Tenure ban for North Dakota colleges withdrawn, but policy debate continues

A bill in the North Dakota Legislature is again taking aim at tenure policies at the state’s public colleges, but an amendment offered Friday would allow tenure to remain.
House Bill 1437 proposed to eliminate tenure at two-year colleges in the North Dakota University System.
Sponsor Rep. Mike Motschenbacher, R-Bismarck, added an amendment that instead calls for guidelines on tenure, something the State Board of Higher Education says it has already been working on.
House Majority Leader Mike Lefor, R-Dickinson, said he has not been impressed by the board’s efforts on tenure policy.
“I think they put lip service to it,” Lefor told the House Government and Veterans Affairs Committee.
Tenure in the North Dakota University System is generally awarded after six years of service for full-time faculty, in part to ensure academic freedom, providing some protection for teaching, writing or researching on controversial topics. Tenured faculty can still be removed for cause.

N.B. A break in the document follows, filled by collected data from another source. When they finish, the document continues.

-- ===== src/Cluster/Query.antt =====
-- The gateway's query on nodes that run the search of the engine.
use tantylla.Base.{
  ◌+◌, ◌<◌, ◌≡◌, refl, ap, Ordering, String, false, Option, some, List, [], ◌∷◌, map, take, drop,
  length, length-map, concat, All, arith,
}
use tantylla.Base.Int.{ℤ}
use tantylla.Base.Sort
use tantylla.Base.Sort.{IsPreorder, IsSorted}
use tantylla.Indexer.{Status, SearchRequest, SearchResponse, SearchHit}
use tantylla.Gateway.Gather.{Answer, ok, err, u32_mod, score_before, scatter_gather}
use tantylla.Gateway.Paging.{Serves, ServesAll, hits-scatter_gather}
use tantylla.Engine.Index.{Tantivy}
use tantylla.Engine.State.{Engine}
use tantylla.Search.Searcher.{Searcher}
use tantylla.Search.Expansion.{effective_query}
use tantylla.Search.Run.{query_of, micros_between}
use tantylla.Search.Laws.{Ranks}
use tantylla.Search.Page.{ranked_hits}
use tantylla.Search.Whole.{listed_facets, search-ranked}
use tantylla.Node.Service
use tantylla.Node.Service.{Reply, response, refused, lost, params_of}

module _ {tantivy : Tantivy} (searcher : Searcher tantivy) (error_text : String)
    (no_reply : Status) where
  open searcher use {F32, Query, unexpired}

  -- What a gRPC client makes of a reply; `no_reply` is the status of a call that is lost.
  abbrev pub answer_of : Reply (SearchResponse F32) → Answer F32
  answer_of (response r) = ok r
  answer_of (refused status) = err status
  answer_of lost = err no_reply

  -- A node, as one query meets it: its engine, and the clock at the start and at the end.
  pub record NodeAt (query : Query) : Type 0 where
    pub engine : Engine tantivy
    pub start_micros : ℤ
    pub end_micros : ℤ
    pub ranks : Ranks searcher (unexpired start_micros query) engine.snapshot

  abbrev pub client_of : (query : Query) → NodeAt query → SearchRequest F32 → Answer F32
  client_of query node req =
      answer_of
        (Service.search error_text searcher node.start_micros node.end_micros req node.engine)

  abbrev pub hits_at : (query : Query) → NodeAt query → List (SearchHit F32)
  hits_at query node =
      ranked_hits searcher (unexpired node.start_micros query) node.engine.snapshot node.ranks

  service-search :
      (query : Query) (node : NodeAt query) (req : SearchRequest F32)
      → query_of searcher (params_of error_text searcher req) ≡ some query
      → req.group_by_partition ≡ false
      → 0 < req.limit
      → Service.search error_text searcher node.start_micros node.end_micros req node.engine
        ≡ response (record {
          hits = take req.limit (drop req.offset (hits_at query node));
          total_hits = length node.ranks.ranked;
          duration_ms = micros_between node.end_micros node.start_micros;
          facets =
              listed_facets searcher
                (unexpired node.start_micros query)
                node.engine.snapshot
                node.ranks
                req.facet_fields;
        })
  unfolding Service.search
  service-search query node req parses plain h = ground (
    arith,
    search-ranked searcher node.start_micros node.end_micros (params_of error_text searcher req)
        node.engine.snapshot query node.ranks parses plain h,
  )

  -- The service answers a request with a limit by the page of the engine's ranked hits.
  node-Serves :
      (query : Query) (node : NodeAt query) (req : SearchRequest F32)
      → query_of searcher (params_of error_text searcher req) ≡ some query
      → req.group_by_partition ≡ false
      → Serves req (client_of query node) (hits_at query node)
  unfolding query_of effective_query params_of
  node-Serves query node req parses plain limit offset h = (
    _,
    ap answer_of
        (service-search query node (record req { limit = limit; offset = offset }) parses plain h),
    refl,
  )

  nodes-ServesAll :
      (query : Query) (nodes : List (NodeAt query)) (req : SearchRequest F32)
      → query_of searcher (params_of error_text searcher req) ≡ some query
      → req.group_by_partition ≡ false
      → ServesAll req (map (client_of query) nodes) (map (hits_at query) nodes)
  nodes-ServesAll query [] req parses plain = tt
  nodes-ServesAll query (node ∷ nodes) req parses plain =
      (node-Serves query node req parses plain, nodes-ServesAll query nodes req parses plain)

  module _ (partial_cmp : F32 → F32 → Option Ordering) where
    -- The gateway on nodes that run the engine's search, for a request without grouping whose query parses:
    -- where each node's hits are ranked by the gateway's order of scores, a preorder, the response holds the
    -- page of the hits of all nodes, sorted. There is a node, some hit is asked for, limit and offset
    -- together fit in u32, and each node's index ranks the documents of the query and can be read.
    pub hits-cluster :
        (query : Query) (nodes : List (NodeAt query)) (req : SearchRequest F32)
        → query_of searcher (params_of error_text searcher req) ≡ some query
        → req.group_by_partition ≡ false
        → IsPreorder (score_before partial_cmp)
        → All (IsSorted (score_before partial_cmp)) (map (hits_at query) nodes)
        → 0 < length nodes
        → 0 < req.limit
        → req.limit + req.offset < u32_mod
        → (r : SearchResponse F32) × (scatter_gather partial_cmp (map (client_of query) nodes) req
            ≡ ok r)
          × (r.hits
              ≡ take req.limit (
                  drop req.offset
                    (Sort.sort (score_before partial_cmp) (concat (map (hits_at query) nodes)))))
    hits-cluster query nodes req parses plain pre sorted some_node some_hit fits =
        hits-scatter_gather partial_cmp (map (client_of query) nodes) (map (hits_at query) nodes)
          req pre (nodes-ServesAll query nodes req parses plain) sorted
          (omega (arith, length-map (client_of query) nodes)) some_hit fits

It has been a topic of discussion in recent months, with the board also considering eliminating tenure at two-year schools, but ultimately voting that down.

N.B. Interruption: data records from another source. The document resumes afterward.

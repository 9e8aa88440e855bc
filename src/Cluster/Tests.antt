-- ===== src/Cluster/Tests.antt =====
-- Examples: two nodes with the same documents, and a node behind a network that loses replies.
use Prim.Native.Nat.{compare}
use tantylla.Base.{
  if◌then◌else◌, ◌==◌, ℕ, zero, suc, ◌≡◌, refl, Ordering, String, true, false, not, ◌&&◌, ◌||◌,
  Option, none, some, List, [], ◌∷◌, take, drop, concat, All, arith,
}
use tantylla.Base.Int.{pos}
use tantylla.Base.Sort
use tantylla.Base.Sort.{IsPreorder}
use tantylla.Base.Assoc.{lookup, insert, update, retain}
use tantylla.Indexer.{
  Status, SearchRequest, SearchResponse, SearchHit, all_nodes, IndexOperation, op_type_of,
}
use tantylla.Json.Value.{
  Value, Fields, array, object, string, nil, cons, field, end, get, entry, items_to_list,
  items_of_list,
}
use tantylla.Json.Merge.{merge_json, merge_fields}
use tantylla.Json.Deltas.{JsonOps, contains_value, listed_values}
use tantylla.Json.Tests.{small_json, small_json-IsEquality}
use tantylla.Routing.Action.{row_update}
use tantylla.Routing.Tests.{plain_formats}
use tantylla.Routing.Cql.{set, ascii, value, no_values, cql_to_json}
use tantylla.Routing.Serialize.{
  CdcRow, put, cdc_metadata, put_value, column_delta, has_changes, add_column, add_columns,
  serialize_cdc_row,
}
use tantylla.Gateway.Gather.{ok, score_before, scatter_gather}
use tantylla.Engine.State.{Engine, find_cached_or_indexed}
use tantylla.Engine.Committer.{commit_tick}
use tantylla.Engine.Batch.{
  process_ops, apply_op, apply_upsert, is_stale, upserted, add_to_index, put_doc, process_batch,
  merged_body,
}
use tantylla.Engine.Doc.{Doc, full_doc_wrapper}
use tantylla.Engine.Tests.{memory, no_docs, both}
use tantylla.Batcher.Service.{
  World, Service, BatchItem, send_attempts, send_batch_with_retry, send_batches, record_result,
  flush_result, total_processed, max_writetime, operation_of, push_operation, group_items,
  flush_items, flush, address_of,
}
use tantylla.Search.Hits.{hit_of}
use tantylla.Search.Run.{query_of}
use tantylla.Search.Expansion.{effective_query}
use tantylla.Search.Special.{try_build_json_special_query, special_of_trimmed, is_compound}
use tantylla.Search.Tests.{parsed, listing, three_docs, three_ranks}
use tantylla.Node.Service.{params_of, index_batch}
use tantylla.Cluster.Query.{NodeAt, client_of, hits_at, hits-cluster}
use tantylla.Cluster.Ingest.{
  Fate, reply_lost, not_sent, answered, Nodes, network, send, delivered, handled,
}
use tantylla.Cluster.Flush.{IsTaken, flush-IsTaken}
use tantylla.Cluster.Collections.{elements_at, merged_body-elements}

abbrev cmp : ℕ → ℕ → Option Ordering
cmp a b = some (compare a b)

cmp-IsPreorder : IsPreorder (score_before cmp)
unfolding score_before
cmp-IsPreorder = record { le_total = λ x y h. ground arith; le_trans = λ x y z h k. ground arith }

abbrev timed_out : Status
timed_out = record { code = "Unavailable"; message = "down" }

abbrev node : NodeAt listing "error" timed_out (parsed "red")
node = record {
  engine = record {
    index = (three_docs, three_docs);
    snapshot = three_docs;
    uncommitted_docs = [];
    current_generation = 0;
  };
  start_micros = pos 0;
  end_micros = pos 5;
  ranks = three_ranks "red" refl;
}

abbrev red_page : SearchRequest ℕ
red_page = record {
  query = "red";
  limit = 2;
  offset = 1;
  consistency = all_nodes;
  default_fields = [];
  facet_fields = [];
  boost_fields = [];
  group_by_partition = false;
}

abbrev hits : List (List (SearchHit ℕ))
hits =
    hits_at listing "error" timed_out (parsed "red") node
    ∷ hits_at listing "error" timed_out (parsed "red") node
    ∷ []

hits-IsSorted : All (Sort.IsSorted (score_before cmp)) hits
unfolding score_before hit_of
hits-IsSorted = (
  ((refl, (refl, tt)), ((refl, tt), (tt, tt))),
  (((refl, (refl, tt)), ((refl, tt), (tt, tt))), tt),
)

hits-cluster_example :
    (r : SearchResponse ℕ) × (scatter_gather cmp
        (client_of listing "error" timed_out (parsed "red") node
          ∷ client_of listing "error" timed_out (parsed "red") node
          ∷ [])
        red_page
      ≡ ok r)
    × (r.hits ≡ take 2 (drop 1 (Sort.sort (score_before cmp) (concat hits))))
hits-cluster_example =
    hits-cluster listing "error" timed_out cmp (parsed "red") (node ∷ node ∷ []) red_page
      (unfold query_of effective_query params_of try_build_json_special_query special_of_trimmed
          is_compound in
        refl)
      refl cmp-IsPreorder hits-IsSorted (omega arith) (omega arith) (omega arith)

-- The first call is lost, of the second one the reply, and the third one is answered.
abbrev pub fates : ℕ → Fate
fates zero = not_sent "down"
fates (suc zero) = reply_lost "timeout"
fates (suc (suc n)) = answered

abbrev pub cluster : Nodes small_json memory "error" "no reply" "no node"
cluster = record { engines = ("http://n1", no_docs) ∷ []; calls = 0 }

-- The items of `both`, as texts.
abbrev item_of : String → Option BatchItem
item_of text = some (record {
  target_node = "n1";
  id = "u1";
  op_type = 1;
  writetime = if text == "write" then 5 else 4;
  cdc_ttl = none;
  payload_json = "{x}";
  collection_deltas = [];
  partition_key = some "p";
})

-- The node commits, without a reload, before every call.
abbrev pub commits : ℕ → String → Engine memory → Engine memory
commits call address engine = commit_tick memory false engine

abbrev unreliable : World
unreliable =
    network small_json memory "error" "no reply" "no node" (λ i. none) item_of fates commits

abbrev waiting : Service
waiting = record {
  batch_limit = 250;
  buffer = "write" ∷ "older" ∷ [];
  max_retry_attempts = 3;
  retry_backoff_ms = 100;
  last_flush_failed = false;
}

grouped : group_items unreliable waiting.buffer [] ≡ ("n1", both) ∷ []
unfolding group_items push_operation operation_of update
grouped = refl

flushed : (flush unreliable waiting cluster).0 ≡ none
unfolding flush flush_items group_items push_operation operation_of send_batches record_result
    flush_result total_processed max_writetime send_batch_with_retry send_attempts send delivered
    handled index_batch process_batch process_ops op_type_of apply_op apply_upsert
    find_cached_or_indexed lookup insert update is_stale upserted address_of add_to_index put_doc
    full_doc_wrapper merge_json merge_fields entry get commit_tick retain
flushed = refl

-- The node takes the batch twice, with a commit in between.
flush-IsTaken_example :
    All
      (IsTaken small_json memory "error" "no reply" "no node"
        (λ i. none)
        item_of
        fates
        commits
        (λ node. no_docs)
        waiting
        (flush unreliable waiting cluster).2)
      (("n1", both) ∷ [])
unfolding group_items push_operation operation_of update
flush-IsTaken_example =
    flush-IsTaken small_json memory "error" "no reply" "no node" (λ i. none) item_of fates commits
      (λ node. no_docs) waiting cluster (tt, tt) (unfold lookup address_of in refl, tt) flushed

-- A row that sets no name, although its document has one.
abbrev nameless : CdcRow
nameless = record {
  stream_id = "s";
  time = "t";
  unix_time = none;
  batch_seq_no = pos 0;
  ttl = none;
  operation = row_update;
  non_cdc_column_names = "name" ∷ [];
  collection_exists = λ column. false;
  is_value_deleted = λ column. true;
  get_value = λ column. none;
  get_deleted_elements = λ column. [];
}

-- The parser knows the text of the row's payload.
abbrev row_json : JsonOps
row_json = record small_json { parse_value = λ text. some (object (cdc_metadata nameless)) }

abbrev row_text : Value → Option String
row_text v = some "{row}"

abbrev named_doc : Doc
named_doc = record {
  id = "u1";
  partition_key = "p";
  doc = object (field "name" (string "alice") end);
  expires_at = pos 99;
  writetime = 5;
  generation = 0;
}

abbrev row_write : IndexOperation
row_write = record {
  id = "u1";
  op_type = 1;
  writetime = 9;
  cdc_ttl = none;
  payload_json = "{row}";
  collection_deltas = [];
  partition_key = some "p";
}

-- `tags = tags - {'a'} + {'b', 'c'}`
abbrev tagging : CdcRow
tagging = record nameless {
  non_cdc_column_names = "tags" ∷ [];
  collection_exists = λ column. true;
  is_value_deleted = λ column. false;
  get_value = λ column. some (set (value (ascii "b") (value (ascii "c") no_values)));
  get_deleted_elements = λ column. ascii "a" ∷ [];
}

abbrev tag_text : Value → Option String
tag_text (object m) = some "{row}"
tag_text (array (cons v (cons w vs))) = some "[b,c]"
tag_text _ = some "[a]"

abbrev tag_write : IndexOperation
tag_write = record row_write {
  collection_deltas =
      record {
        column = "tags";
        tombstoned = false;
        added_elements_json = "[b,c]";
        deleted_elements_json = "[a]";
      }
      ∷ [];
}

abbrev old_tags : Fields
old_tags = field "tags" (array (cons (string "a") (cons (string "d") nil))) end

merged_body-elements_example :
    (new : Fields) × (merged_body row_json
        (some (record named_doc { doc = object old_tags }))
        tag_write
      ≡ object new)
    × (contains_value row_json (string "a") (elements_at "tags" new)
        ≡ ((contains_value row_json (string "a") (string "a" ∷ string "d" ∷ []) && not false)
            && not (contains_value row_json (string "a") (string "a" ∷ [])))
          || contains_value row_json (string "a") (string "b" ∷ string "c" ∷ []))
unfolding get items_to_list cql_to_json
merged_body-elements_example =
    merged_body-elements plain_formats tag_text row_json
      (record {
        same = small_json-IsEquality.same;
        swap = small_json-IsEquality.swap;
        via = small_json-IsEquality.via;
      })
      tagging tag_write (record named_doc { doc = object old_tags }) old_tags "tags" (string "a")
      (λ text e. unfold add_columns add_column put_value cdc_metadata in refl)
      (unfold serialize_cdc_row add_columns add_column put_value column_delta has_changes
          cql_to_json items_of_list in
        refl)
      refl (refl, tt) refl (unfold cdc_metadata put entry get in refl) refl
      (unfold listed_values items_to_list cql_to_json in refl)
      (unfold listed_values items_of_list cql_to_json in refl)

Motschenbacher said Friday that tenure “virtually guarantees a university professor will never be fired.”
“Why does any employee, at any level, in any industry, deserve this type of protection?” he asked.
Motschenbacher said the only reasonable answer he has gotten to that question in North Dakota is that it makes recruiting faculty easier.

Vice Chancellor Lisa Johnson defended the North Dakota University System and said studies have shown that professors with tenure become more productive, counter to public perception.
Johnson said she was supportive of the amendment but would suggest additional changes.
One point of contention is how often tenured faculty should go through post-tenure review, a more rigorous process than the annual review.
The bill requires post-tenure review every three years instead of the current policy of every five years.
During a meeting this week to discuss the legislation, State Board of Higher Education member Casey Ryan of Grand Forks said he feared the more frequent reviews would eat up too much time for administrators, especially at the University of North Dakota and North Dakota State University, the state’s two research universities.
“It needs to stay at five years,” Ryan said. “It would clog up the research universities.”
During the 2023 legislative session, lawmakers considered a bill that proposed to make it easier for presidents at Dickinson State University and Bismarck State College to remove tenured faculty. The state Senate rejected the bill.